GLAX Health Announces the Discovery of Notch Inhibitors for Cancer Therapy. Dr. Rakesh K. Srivastava
What is Notch Signaling Pathway?
The Notch signaling pathway is highly evolutionarily conserved, and plays a significant role in cell growth, development, and differentiation, serving key regulatory roles ranging from embryonic development to adult homeostasis. It is a key regulator of immune cell differentiation and is linked to autoimmune diseases, tumorigenesis, and tumor-induced immunomodulation. Abnormal activation of the Notch signaling pathway contributes to almost all of the key features of cancer, including stemness, tumor angiogenesis, and epithelial-mesenchymal transition.

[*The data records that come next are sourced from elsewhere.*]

-- ===== src/Pack/Inside.antt =====
-- An entry's target is below the directory it is joined to.
use mathlib.Core.List.{append_assoc}
use agentreg.Base.{
  Text, ◌==◌, true, ◌⊎◌, inl, inr, [], ◌∷◌, ◌++◌, ok, has_prefix_sound, ◌≡◌, ◌∙◌, subst, arith,
  Bool-cases, All, ==_sound,
}
use agentreg.Path.{slash, clean, join, is_abs, split, render, non_empty, join_segments}
use agentreg.Path.Rooted.{IsDown, below-clean}
use agentreg.Pack.{is_inside, safe_join}

-- The directory itself, or a path below it none of whose segments goes up.
abbrev pub IsBelow : Text → Text → Type 0
IsBelow base target =
    (target ≡ base) ⊎ ((rest : Text) × (target ≡ base ++ slash ∷ rest) × All IsDown (split rest))

pub is_inside-IsBelow :
    (base p : Text) → is_abs p ≡ true → is_inside (clean p) base ≡ true → IsBelow base (clean p)
unfolding is_inside
is_inside-IsBelow base p a h = elim (Bool-cases (clean p == base)) [
  | inl e ↦ inl (==_sound (clean p) base e)
  | inr e ↦
      let (rest, k) = has_prefix_sound (clean p) (base ++ slash ∷ []) (ground arith) in
      let e' = k ∙ append_assoc base (slash ∷ []) rest in
      inr (rest, e', below-clean p base rest a e')
]

is_abs-append : (s t : Text) → is_abs s ≡ true → is_abs (s ++ t) ≡ true
unfolding is_abs
is_abs-append [] t h = cc
is_abs-append (c ∷ s) t h = h

is_abs-clean : (p : Text) → is_abs p ≡ true → is_abs (clean p) ≡ true
unfolding is_abs clean render
is_abs-clean p h = rw h

is_abs-join : (base name : Text) → is_abs base ≡ true → is_abs (join (base ∷ name ∷ [])) ≡ true
unfolding join non_empty join_segments
is_abs-join [] name h = ground arith
is_abs-join (c ∷ s) [] h = is_abs-clean (c ∷ s) h
is_abs-join (c ∷ s) (d ∷ t) h =
    is_abs-clean ((c ∷ s) ++ slash ∷ d ∷ t) (is_abs-append (c ∷ s) (slash ∷ d ∷ t) h)

pub safe_join-IsBelow :
    (base name target : Text)
    → is_abs base ≡ true
    → safe_join base name ≡ ok target
    → IsBelow (clean base) target
unfolding safe_join
safe_join-IsBelow base name target a h =
    let cleaned = clean (join (base ∷ name ∷ [])) in
    let passed : (is_inside cleaned (clean base) ≡ true) × (cleaned ≡ target) = ground arith in
    subst (IsBelow (clean base)) passed.1
      (is_inside-IsBelow (clean base) (join (base ∷ name ∷ [])) (is_abs-join base name a) passed.0)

The pathway is comprised of a ligand-expressing cell and a receptor-expressing cell. The canonical ligands are members of the Delta/Serrate/Lag-1 (DSL) family of proteins. The pathway includes 4 receptors (Notch1–4) and 5 ligands (Jagged1 [JAG1], JAG2, delta-like 1 [DLL1], DLL3 and DLL4). The Notch transmembrane receptor glycoproteins function as membrane-bound transcription factors that regulate multiple cellular functions including cell fate determination, differentiation, proliferation, self-renewal, and survival. The Notch receptor contains three domains: the extracellular domain (NECD), the transmembrane domain (NTMD), and the intracellular domain (NICD). The binding of a ligand to a Notch receptor in a neighboring cell induces a conformational change in the receptor, which will undergo regulated intramembrane proteolysis (sequential cleavage by ADAM10/17 and γ-secretase enzymes), liberating NICD. The NICD is translocated to the nucleus and promotes gene transcription. Notch targets several genes such as HES, HEY, PI3K, Akt, NF-kB, PPAR, p21, p27, Cyclins, and Bcl-2. Dysregulated Notch signaling is implicated in several malignancies such as lymphoid leukemia, breast, ovary, head and neck, cervix, lung, pancreas, colon, and kidney cancer.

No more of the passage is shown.